Proponents of a GACM frequently claim that it is the only way to improve mental health and reduce suicide risk in youth. However, a 40-year cohort study from Sweden on transsexual individuals undergoing sex-reassignment surgery—one of the most comprehensive long-term studies available—found that high suicide risk persisted after surgical procedures at a rate 19.1 times higher than the general population (Dhejne et al., 2011). Another Swedish population study with one of the largest cohorts established to date evaluated (in a corrected analysis from the original publication) mental health outcomes among transgender individuals who received surgical interventions and those who did not and found “no advantage of surgery in relation to subsequent mood or anxiety disorder-related health care visits or prescriptions or hospitalizations following suicide attempts” (Branstrom, & Pachankis, 2019; Kalin, 2020). 
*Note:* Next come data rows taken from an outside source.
-- ===== src/Ax25/Kiss/Laws.antt =====
-- Byte stuffing: round trip and transparency.
use bbs.Prelude.{
  ℕ, zero, suc, ◌+◌, ◌<◌, ◌≡◌, refl, false, List, [], ◌∷◌, Option, none, some, ◌==◌, length, arith,
  take, drop, ◌≢◌, some_of_ne_none, ◌≤◌, get_elem?, length-take, length-drop, Bool-cases, inl, inr,
  leb, ltb, ◌>>=◌,
}
use bbs.Text.{Text, strip}
use bbs.Ax25.NetromFrame.Wire.{Bytes, wire_ssid}
use bbs.Ax25.Address.{format_addr}
use bbs.Ax25.Kiss.{
  KissFrame, fend, fesc, kiss_unescape, kiss_escape, decode_ax25, decode_callsign, digi_entry,
  walk_path, format_field, field_chars, decode_info, path_of, is_ui_control,
}

abbrev pub NoFend : Bytes → Type 0
NoFend [] = Unit
NoFend (b ∷ bytes) = ((b == fend) ≡ false) × NoFend bytes

unescape_plain :
    (b : ℕ) (bytes : Bytes)
    → (b == fesc) ≡ false
    → kiss_unescape (b ∷ bytes) ≡ b ∷ kiss_unescape bytes
unfolding kiss_unescape
unescape_plain b [] h = rw h
unescape_plain b (x ∷ bytes) h = rw h

unescape_fend : (bytes : Bytes) → kiss_unescape (fesc ∷ 220 ∷ bytes) ≡ fend ∷ kiss_unescape bytes
unfolding kiss_unescape
unescape_fend bytes = refl

unescape_fesc : (bytes : Bytes) → kiss_unescape (fesc ∷ 221 ∷ bytes) ≡ fesc ∷ kiss_unescape bytes
unfolding kiss_unescape
unescape_fesc bytes = refl

-- Escaping and unescaping a payload gives the payload back.
pub unescape-escape : (bytes : Bytes) → kiss_unescape (kiss_escape bytes) ≡ bytes
unfolding kiss_escape
unescape-escape [] = unfold kiss_unescape in refl
unescape-escape (b ∷ bytes) =
    let e = kiss_escape bytes in
    ground (arith, unescape-escape bytes, unescape_fend e, unescape_fesc e, unescape_plain b e)

-- An escaped payload holds no FEND.
pub escape-NoFend : (bytes : Bytes) → NoFend (kiss_escape bytes)
unfolding kiss_escape
escape-NoFend [] = tt
escape-NoFend (b ∷ bytes) = ground (arith, escape-NoFend bytes)

format_addr_total : (call : Text) (ssid : ℕ) → ssid < 16 → format_addr call ssid ≢ none
unfolding format_addr
format_addr_total call ssid h = ground arith

bind_total :
    {A B : Type 0} (m : Option A) (f : A → Option B)
    → m ≢ none
    → ((a : A) → f a ≢ none)
    → (m >>= f) ≢ none
bind_total none f h k = absurd (h refl)
bind_total (some a) f h k = k a

-- An index in range raises nothing.
in_range : (bytes : Bytes) (i : ℕ) → i < length bytes → get_elem? bytes i ≢ none
in_range [] i h = absurd (omega (arith, h))
in_range (b ∷ bytes) zero h = λ p. cc
in_range (b ∷ bytes) (suc i) h = in_range bytes i (omega (arith, h))

decoded_range :
    (field_ : Bytes)
    → 6 < length field_
    → (d : Text × ℕ) × (decode_callsign field_ ≡ some d) × (d.1 < 16)
unfolding decode_callsign
decoded_range field_ h =
    let (last, e) = some_of_ne_none _ (in_range field_ 6 h) in
    ((strip (field_chars (take 6 field_)), wire_ssid last), rw e refl, omega arith)

format_field_total : (field_ : Bytes) → 6 < length field_ → format_field field_ ≢ none
format_field_total field_ h =
    let (d, e, small) = decoded_range field_ h in rw e (format_addr_total d.0 d.1 small)

digi_entry_total :
    (field_ : Bytes) (via : List Text) → 6 < length field_ → digi_entry field_ via ≢ none
unfolding digi_entry
digi_entry_total field_ via h =
    let (last, e) = some_of_ne_none _ (in_range field_ 6 h) in
    let (d, f, small) = decoded_range field_ h in
    rw (f, e) (ground (arith, format_addr_total d.0 d.1 small))

length-slice :
    (ax25 : Bytes) (offset : ℕ) → offset + 7 ≤ length ax25 → length (take 7 (drop offset ax25)) ≡ 7
length-slice ax25 offset h =
    omega (arith, h, length-take 7 (drop offset ax25), length-drop offset ax25)

walk_path_total :
    (fuel : ℕ) (ax25 : Bytes) (offset : ℕ) (via : List Text) → walk_path fuel ax25 offset via ≢ none
unfolding walk_path
walk_path_total zero ax25 offset via = cc
walk_path_total (suc fuel) ax25 offset via = elim (Bool-cases (leb (offset + 7) (length ax25))) [
  | inr e ↦ rw e (λ p. cc)
  | inl e ↦
      let field_ : Bytes = take 7 (drop offset ax25) in
      let whole : 6 < length field_ = ground (arith, e, length-slice ax25 offset) in
      let (via', f) = some_of_ne_none _ (digi_entry_total field_ via whole) in
      let (last, g) = some_of_ne_none _ (in_range field_ 6 whole) in
      rw (e, f, g) (ground (arith, walk_path_total fuel ax25 (offset + 7) via'))
]

decode_info_total :
    (ax25 : Bytes) (port offset : ℕ) (dest src : Text) (via : List Text)
    → decode_info ax25 port offset dest src via ≢ none
unfolding decode_info
decode_info_total ax25 port offset dest src via = elim (Bool-cases (leb (length ax25) offset)) [
  | inl e ↦ rw e (λ p. cc)
  | inr e ↦
      let (control, f) = some_of_ne_none _ (in_range ax25 offset (ground (arith, e))) in
      rw (e, f)
        (elim (Bool-cases (is_ui_control control)) [
          | inr g ↦ rw g (λ p. cc)
          | inl g ↦ rw g (elim (Bool-cases (ltb (length ax25) (offset + 2))) [
            | inl h ↦ rw h (λ p. cc)
            | inr h ↦
                let (pid, k) = some_of_ne_none _ (in_range ax25 (offset + 1) (ground (arith, h))) in
                rw (h, k) (λ p. cc)
          ])
        ])
]

path_of_total : (ax25 : Bytes) (last : ℕ) → path_of ax25 last ≢ none
path_of_total ax25 last = ground (arith, walk_path_total (length ax25) ax25 14 [])

walked_total : (ax25 : Bytes) → 13 < length ax25 → (get_elem? ax25 13 >>= path_of ax25) ≢ none
walked_total ax25 h = bind_total _ _ (in_range ax25 13 h) (path_of_total ax25)

not_raised : (ax25 : Bytes) (port : ℕ) → decode_ax25 ax25 port ≢ none
unfolding decode_ax25
not_raised ax25 port = elim (Bool-cases (ltb (length ax25) 15)) [
  | inl e ↦ rw e (λ p. cc)
  | inr e ↦
      let first : 6 < length (take 7 ax25) = ground (arith, e, length-slice ax25 0) in
      let second : 6 < length (take 7 (drop 7 ax25)) = ground (arith, e, length-slice ax25 7) in
      rw e (
        bind_total _ _ (format_field_total (take 7 ax25) first) (λ dest.
          bind_total _ _ (format_field_total (take 7 (drop 7 ax25)) second) (λ src.
            bind_total _ _ (walked_total ax25 (ground (arith, e)))
              (λ walked. decode_info_total ax25 port walked.1 dest src walked.0))))
]

-- `decode_ax25` never raises, whatever the bytes: its guards keep every index within the frame, and the
-- SSID of a wire address is in range.
pub decode_ax25_total :
    (ax25 : Bytes) (port : ℕ) → (r : Option KissFrame) × (decode_ax25 ax25 port ≡ some r)
decode_ax25_total ax25 port = some_of_ne_none (decode_ax25 ax25 port) (not_raised ax25 port)
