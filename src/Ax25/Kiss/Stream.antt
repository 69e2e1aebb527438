-- ===== src/Ax25/Kiss/Stream.antt =====
-- Streams of KISS frames, from build_kiss_frame to split_kiss_frames of bbs/ax25/kiss_frame.py.
use bbs.Prelude.{
  ℕ, zero, suc, ◌%◌, ◌/◌, ◌≤◌, ◌≡◌, ◌≢◌, refl, true, false, List, [], ◌∷◌, ◌++◌, map, none, some,
  ◌==◌, length, arith, append_assoc, length-append, ◌∙◌,
}
use bbs.Ax25.NetromFrame.Wire.{Bytes}
use bbs.Ax25.Kiss.{
  fend, command_byte, kiss_escape, build_kiss_frame, decode_ax25, decode_frame, find_fend,
  keep_split, split_rounds, split_kiss_frames,
}
use bbs.Ax25.Kiss.Laws.{NoFend, escape-NoFend, unescape-escape}

find_fend-append : (a b : Bytes) → NoFend a → find_fend (a ++ fend ∷ b) ≡ some (a, b)
unfolding find_fend
find_fend-append [] b h = refl
find_fend-append (x ∷ a) b h = rw (h.0, find_fend-append a b h.1)

find_fend-NoFend : (a : Bytes) → NoFend a → find_fend a ≡ none
unfolding find_fend
find_fend-NoFend [] h = refl
find_fend-NoFend (x ∷ a) h = rw (h.0, find_fend-NoFend a h.1)

-- A port number whose command byte is not a FEND: any but 12, and 12 more than a multiple of 16.
abbrev pub IsPort : ℕ → Type 0
IsPort port = port % 16 ≢ 12

abbrev pub AllPorts : List (ℕ × Bytes) → Type 0
AllPorts [] = Unit
AllPorts ((port, f) ∷ fs) = IsPort port × AllPorts fs

-- What the transport writes for a list of frames, and what a reader should split it into.
abbrev pub stream : List (ℕ × Bytes) → Bytes
stream [] = []
stream ((port, f) ∷ fs) = build_kiss_frame port f ++ stream fs

abbrev pub raw_frame : ℕ × Bytes → Bytes
raw_frame (port, f) = command_byte port ∷ kiss_escape f

command-NoFend : (port : ℕ) → IsPort port → (command_byte port == fend) ≡ false
command-NoFend port h = ground arith

-- One round: the buffer up to two FENDs, with one FEND only, and with none.
split_next :
    (fuel : ℕ) (buf x opened raw after : Bytes)
    → find_fend buf ≡ some (x, opened)
    → find_fend opened ≡ some (raw, after)
    → split_rounds (suc fuel) buf ≡ keep_split raw (split_rounds fuel after)
unfolding split_rounds
split_next fuel buf x opened raw after p q = rw (p, split_rounds) (rw q)

split_open :
    (fuel : ℕ) (buf x opened : Bytes)
    → find_fend buf ≡ some (x, opened)
    → find_fend opened ≡ none
    → split_rounds fuel buf ≡ ([], buf)
unfolding split_rounds
split_open zero buf x opened p q = refl
split_open (suc fuel) buf x opened p q = rw (p, split_rounds) (rw q)

split_rounds-NoFend : (fuel : ℕ) (rest : Bytes) → NoFend rest → split_rounds fuel rest ≡ ([], rest)
unfolding split_rounds
split_rounds-NoFend zero rest h = refl
split_rounds-NoFend (suc fuel) rest h = rw (find_fend-NoFend rest h, split_rounds)

split_one :
    (fuel port : ℕ) (f rest : Bytes)
    → IsPort port
    → split_rounds (suc fuel) (build_kiss_frame port f ++ rest)
      ≡ keep_split (raw_frame (port, f)) (split_rounds fuel rest)
unfolding build_kiss_frame
split_one fuel port f rest h =
    let body = command_byte port ∷ (kiss_escape f ++ fend ∷ []) ++ rest in
    let inner : find_fend body ≡ some (raw_frame (port, f), rest) =
      rw append_assoc
        (find_fend-append (raw_frame (port, f)) rest (command-NoFend port h, escape-NoFend f)) in
    split_next fuel (fend ∷ body) [] body (raw_frame (port, f)) rest (find_fend-append [] body tt)
      inner

split_rounds-stream :
    (fuel : ℕ) (fs : List (ℕ × Bytes)) (rest : Bytes)
    → AllPorts fs
    → NoFend rest
    → length fs ≤ fuel
    → split_rounds fuel (stream fs ++ rest) ≡ (map raw_frame fs, rest)
split_rounds-stream fuel [] rest p n h = split_rounds-NoFend fuel rest n
split_rounds-stream zero ((port, f) ∷ fs) rest p n h = absurd (omega arith)
split_rounds-stream (suc fuel) ((port, f) ∷ fs) rest p n h = rw append_assoc (
    rw (split_one fuel port f (stream fs ++ rest) p.0)
      (rw (split_rounds-stream fuel fs rest p.1 n (omega arith))))

length-stream : (fs : List (ℕ × Bytes)) → length fs ≤ length (stream fs)
unfolding build_kiss_frame
length-stream [] = omega arith
length-stream ((port, f) ∷ fs) = omega (
  arith,
  length-stream fs,
  length-append (kiss_escape f ++ fend ∷ []) (stream fs),
  length-append (kiss_escape f) (fend ∷ []),
)

-- A stream of KISS frames built for ports that are not 12 modulo 16, and bytes without a FEND
-- behind it, is split into exactly those frames, with those bytes left in the buffer.
pub split-stream :
    (fs : List (ℕ × Bytes)) (rest : Bytes)
    → AllPorts fs
    → NoFend rest
    → split_kiss_frames (stream fs ++ rest) ≡ (map raw_frame fs, rest)
unfolding split_kiss_frames
split-stream fs rest p n =
    split_rounds-stream (length (stream fs ++ rest)) fs rest p n
      (omega (arith, length-stream fs, length-append (stream fs) rest))

-- A raw frame that the splitter hands on decodes as the AX.25 frame that was built into it, at the
-- low four bits of its port.
pub decode-raw_frame :
    (port : ℕ) (f : Bytes) → decode_frame (raw_frame (port, f)) ≡ decode_ax25 f (port % 16)
unfolding decode_frame
decode-raw_frame port f =
    let t : (command_byte port % 16 == 0) ≡ true = ground arith in
    let p : command_byte port / 16 % 16 ≡ port % 16 = omega arith in
    rw t (rw (p, unescape-escape f))

-- A frame built for port 12 is lost: its command byte is a FEND, so the splitter takes it for an
-- empty frame and leaves the escaped bytes in the buffer.
pub split-port_12 :
    (port : ℕ) (f : Bytes)
    → port % 16 ≡ 12
    → split_kiss_frames (build_kiss_frame port f) ≡ ([], kiss_escape f ++ fend ∷ [])
unfolding split_kiss_frames build_kiss_frame
split-port_12 port f h =
    let c : command_byte port ≡ fend = omega arith in
    let left = kiss_escape f ++ fend ∷ [] in
    rw c (
      split_next (suc (length left)) (fend ∷ fend ∷ left) [] (fend ∷ left) [] left
        (find_fend-append [] (fend ∷ left) tt) (find_fend-append [] left tt)
      ∙ rw (
          split_open (suc (length left)) left (kiss_escape f) []
            (find_fend-append (kiss_escape f) [] (escape-NoFend f)) (find_fend-NoFend [] tt)))
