-- ===== src/Ax25/Kiss/Tests.antt =====
-- Runs of the KISS framing of bbs/ax25/kiss_frame.py.
use bbs.Prelude.{◌≡◌, refl, [], ◌∷◌, ◌++◌, Option, some, arith, map}
use bbs.Ax25.NetromFrame.Wire.{Bytes}
use bbs.Ax25.Kiss.{KissFrame, kiss_escape, build_kiss_frame, split_kiss_frames, decode_ax25}
use bbs.Ax25.Kiss.Laws.{decode_ax25_total}
use bbs.Ax25.Kiss.Stream.{raw_frame, stream, split-stream, split-port_12}

abbrev awkward : Bytes
awkward = 192 ∷ 219 ∷ 220 ∷ 65 ∷ []

decode_ax25_total_example : (r : Option KissFrame) × (decode_ax25 awkward 3 ≡ some r)
decode_ax25_total_example = decode_ax25_total awkward 3

split-stream_example :
    split_kiss_frames (stream ((0, awkward) ∷ (13, []) ∷ []) ++ 7 ∷ [])
    ≡ (map raw_frame ((0, awkward) ∷ (13, []) ∷ []), 7 ∷ [])
split-stream_example =
    split-stream ((0, awkward) ∷ (13, []) ∷ []) (7 ∷ []) (ground arith, (ground arith, tt))
      (refl, tt)

split-port_12_example :
    split_kiss_frames (build_kiss_frame 12 awkward) ≡ ([], kiss_escape awkward ++ 192 ∷ [])
split-port_12_example = split-port_12 12 awkward refl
Treatment protocols for gender dysphoria often follow the guidelines of the World Professional Association for Transgender Health (WPATH), the Endocrine Society (an international medical professional association), and the American Association of Pediatrics (AAP). However, a recent review article from the Manhattan Institute outlined significant flaws with the recommendations from each organization based on the evidence available in the academic literature and from best practices in other countries (Sapir, 2022). Notably, the AAP position paper, which supported early affirmation and treatment of gender dysphoria in childhood, was fact-checked by psychologist James Cantor, Ph.D., of the Toronto Sexuality Center. Dr. Cantor found that the AAP position paper omitted information regarding the low frequency of gender dysphoria persisting from childhood to adolescence (Cantor, 2020). He also found that the AAP paper, when rejecting “watchful waiting,” misrepresented citations regarding the approach that aims to put pharmacologic or surgical intervention on hold while the patient receives other supportive care and counseling (Cantor, 2020).  
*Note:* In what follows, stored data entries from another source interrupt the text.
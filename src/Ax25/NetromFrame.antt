-- ===== src/Ax25/NetromFrame.antt =====
-- bbs/ax25/netrom_frame.py: the data types of the NET/ROM codec. A byte string is the list of its
-- bytes. The masks and shifts are written as `/` and `%`, which agree with them on bytes.
pub mod Wire
pub mod Header
pub mod Frame
pub mod Nodes
pub mod Classifier
pub mod WireLaws
pub mod HeaderLaws
pub mod FrameLaws
pub mod NodesLaws
pub mod NodesSize
pub mod ClassifierLaws
mod Tests
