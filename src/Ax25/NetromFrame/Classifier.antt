-- ===== src/Ax25/NetromFrame/Classifier.antt =====
-- `looks_like_netrom_l3` of bbs/ax25/netrom_frame.py.
use bbs.Prelude.{
  ◌/◌, ◌%◌, Bool, false, ◌&&◌, ◌||◌, not, ltb, leb, ◌==◌, if◌then◌else◌, length, take, drop, get_or,
}
use bbs.Ax25.NetromFrame.Wire.{Bytes}
use bbs.Ax25.NetromFrame.Header.{l3_header_len}
use bbs.Ax25.NetromFrame.Frame.{all_callsign_chars}

-- The early returns, in the order of the source. The masks 0xE1 and 0xE0 are read on bytes.
unfoldable pub looks_like_netrom_l3 : Bytes → Bool
looks_like_netrom_l3 bytes =
    if ltb (length bytes) l3_header_len
    then false
    else if not (all_callsign_chars (take 6 bytes))
    then false
    else if not (get_or bytes 6 0 / 32 == 0) || not (get_or bytes 6 0 % 2 == 0)
    then false
    else if not (all_callsign_chars (take 6 (drop 7 bytes)))
    then false
    else if not (get_or bytes 13 0 / 32 == 0)
    then false
    else if not (leb 1 (get_or bytes 14 0) && leb (get_or bytes 14 0) 64)
    then false
    else leb 1 (get_or bytes 19 0 % 8) && leb (get_or bytes 19 0 % 8) 6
Additionally, the Endocrine Society’s “clinical practice guideline” from 2017 assesses the quality of evidence for each of its recommendations (Hembree et al., 2017). All six recommendations specifically related to treatment for adolescents found only a “low” or “very low” quality of evidence (Hembree et al., 2017). One recommendation (2.5) that is listed as a weak recommendation with a very low quality of evidence is particularly concerning:  

We recognize that there may be compelling reasons to initiate sex hormone treatment prior to the age of 16 years in some adolescents with GD [gender dysphoria] / gender incongruence, even though there are minimal published studies of gender-affirming hormone treatments administered before age 13.5 to 14 years. As with the care of adolescents 16 years of age, we recommend that an expert multidisciplinary team of medical and MHPs [mental health providers] manage this treatment (Hembree et al., 2017). 
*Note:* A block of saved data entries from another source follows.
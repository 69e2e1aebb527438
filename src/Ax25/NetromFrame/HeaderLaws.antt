-- ===== src/Ax25/NetromFrame/HeaderLaws.antt =====
-- Round trip of the L3 header.
use bbs.Prelude.{ℕ, ◌+◌, ◌*◌, ◌/◌, ◌<◌, ◌≡◌, refl, [], ◌∷◌, ◌++◌, some, length, arith}
use bbs.Ax25.NetromFrame.Wire.{Bytes, decode_wire_call}
use bbs.Ax25.NetromFrame.WireLaws.{IsWireCall, WireOf, IsWireCall-wire}
use bbs.Ax25.NetromFrame.Header.{L3Header, encode_l3_header, decode_l3_header}

-- The addresses are callsigns, and the other fields are bytes.
pub record IsHeader (h : L3Header) : Type 0 where
  pub origin : IsWireCall h.origin_call
  pub dest : IsWireCall h.dest_call
  pub ttl : h.ttl < 256
  pub circuit_idx : h.circuit_idx < 256
  pub circuit_id : h.circuit_id < 256
  pub tx_seq : h.tx_seq < 256
  pub rx_seq : h.rx_seq < 256
  pub opcode_flags : h.opcode_flags < 256

pub record Six (w : Bytes) : Type 0 where
  pub a : ℕ
  pub b : ℕ
  pub c : ℕ
  pub d : ℕ
  pub e : ℕ
  pub f : ℕ
  pub is : w ≡ a ∷ b ∷ c ∷ d ∷ e ∷ f ∷ []

pub Six-length : (w : Bytes) → length w ≡ 6 → Six w
Six-length (a ∷ b ∷ c ∷ d ∷ e ∷ f ∷ []) h = record {
  a = a;
  b = b;
  c = c;
  d = d;
  e = e;
  f = f;
  is = refl;
}
Six-length [] h = absurd (omega arith)
Six-length (_ ∷ []) h = absurd (omega arith)
Six-length (_ ∷ _ ∷ []) h = absurd (omega arith)
Six-length (_ ∷ _ ∷ _ ∷ []) h = absurd (omega arith)
Six-length (_ ∷ _ ∷ _ ∷ _ ∷ []) h = absurd (omega arith)
Six-length (_ ∷ _ ∷ _ ∷ _ ∷ _ ∷ []) h = absurd (omega arith)
Six-length (_ ∷ _ ∷ _ ∷ _ ∷ _ ∷ _ ∷ _ ∷ _) h = absurd (omega arith)

-- The 20 bytes of a header, by its two addresses.
unfoldable pub header_bytes : Bytes → ℕ → Bytes → ℕ → L3Header → Bytes
header_bytes o s d t h =
    o
    ++ (s
        ∷ (d
            ++ (t ∷ h.ttl ∷ h.circuit_idx ∷ h.circuit_id ∷ h.tx_seq ∷ h.rx_seq ∷ h.opcode_flags
                ∷ [])))

decode-header_bytes :
    (o d payload : Bytes) (s t : ℕ) (h : L3Header)
    → Six o
    → Six d
    → decode_wire_call (o ++ s ∷ []) ≡ h.origin_call
    → decode_wire_call (d ++ t ∷ []) ≡ h.dest_call
    → decode_l3_header (header_bytes o s d t h ++ payload) ≡ some h
unfolding decode_l3_header header_bytes
decode-header_bytes o d payload s t h x y p q =
    let p' : decode_wire_call (x.a ∷ x.b ∷ x.c ∷ x.d ∷ x.e ∷ x.f ∷ s ∷ []) ≡ h.origin_call =
      rw x.is at p in
    let q' : decode_wire_call (y.a ∷ y.b ∷ y.c ∷ y.d ∷ y.e ∷ y.f ∷ t ∷ []) ≡ h.dest_call =
      rw y.is at q in
    rw (x.is, y.is) (ground (arith, p', q'))

module _ (h : L3Header) (valid : IsHeader h) where
  abbrev o : WireOf h.origin_call
  o = IsWireCall-wire valid.origin

  abbrev d : WireOf h.dest_call
  d = IsWireCall-wire valid.dest

  unfoldable pub encoded_bytes : Bytes
  encoded_bytes = header_bytes o.first o.last d.first (d.last / 2 * 2 + 1) h

  pub encode_l3_header_lem : encode_l3_header h ≡ some encoded_bytes
  unfolding encode_l3_header encoded_bytes header_bytes
  encode_l3_header_lem =
      let x = Six-length o.first o.six in
      let y = Six-length d.first d.six in
      rw (o.encoded, d.encoded) (rw (x.is, y.is) (ground (arith, valid)))

  pub decode_l3_header_lem :
      (payload : Bytes) → decode_l3_header (encoded_bytes ++ payload) ≡ some h
  unfolding encoded_bytes
  decode_l3_header_lem payload =
      decode-header_bytes o.first d.first payload o.last (d.last / 2 * 2 + 1) h
        (Six-length o.first o.six) (Six-length d.first d.six) (o.decoded o.last refl)
        (d.decoded (d.last / 2 * 2 + 1) (omega arith))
The WPATH guidelines rely heavily on the experience of a specific Dutch protocol, but there are many methodological concerns with how conclusions are supported and how they apply to the current clinical reality (Coleman et al., 2022; Sapir, 2022). A recent review of the Dutch protocol methodology outlines the following three primary concerns:  

(1) subject selection assured that only the most successful cases were included in the results; (2) the finding that “resolution of gender dysphoria” was due to the reversal of the questionnaire employed; (3) concomitant psychotherapy made it impossible to separate the effects of this intervention from those of hormones and surgery (Abbruzzese, Levine, & Mason, 2023). 

Importantly, there have been challenges replicating the Dutch protocol results largely due to concerns of significant selection bias (Abbruzzese, Levine, & Mason, 2023). This fact and the forthcoming discussion about the changing demographics of youth gender dysphoria in the U.S. lend credence to the position that the Dutch protocol cannot adequately justify the current practice patterns in America. 

Further, political biases exist within WPATH and appear to be reflected in their guidelines. Dr. Bowers, a transgender woman and world-renowned gender surgeon who is on the board of WPATH, was asked if the organization had been welcoming to a wide variety of doctors’ viewpoints. In response, Dr. Bowers said: “There are definitely people who are trying to keep out anyone who doesn’t absolutely buy the party line that everything should be affirming and that there’s no room for dissent” (Shrier, 2021, para. 12; Brown & Stathatos, 2022). A second doctor on the board of WPATH, Dr. Erica Anderson, submitted a co-authored op-ed to the New York Times expressing concerns that transgender children were receiving reckless healthcare and that WPATH was recommending puberty blockers too early in puberty, but the Times declined to publish her piece (Shrier, 2021, para. 6, 7, & 50; Brown & Stathatos, 2022). The piece, which was titled “The mental health establishment is failing trans kids: Gender-exploratory therapy is a key step. Why aren’t therapists providing it?” was later published in the Washington Post (Edwards-Leeper & Anderson, 2021). It was co-authored with another clinical psychologist and member of the WPATH, Dr. Laura Edwards-Leeper,  with the core message that rushed medical treatment without proper evaluation and therapy puts children at risk (Edwards-Leeper & Anderson, 2021). 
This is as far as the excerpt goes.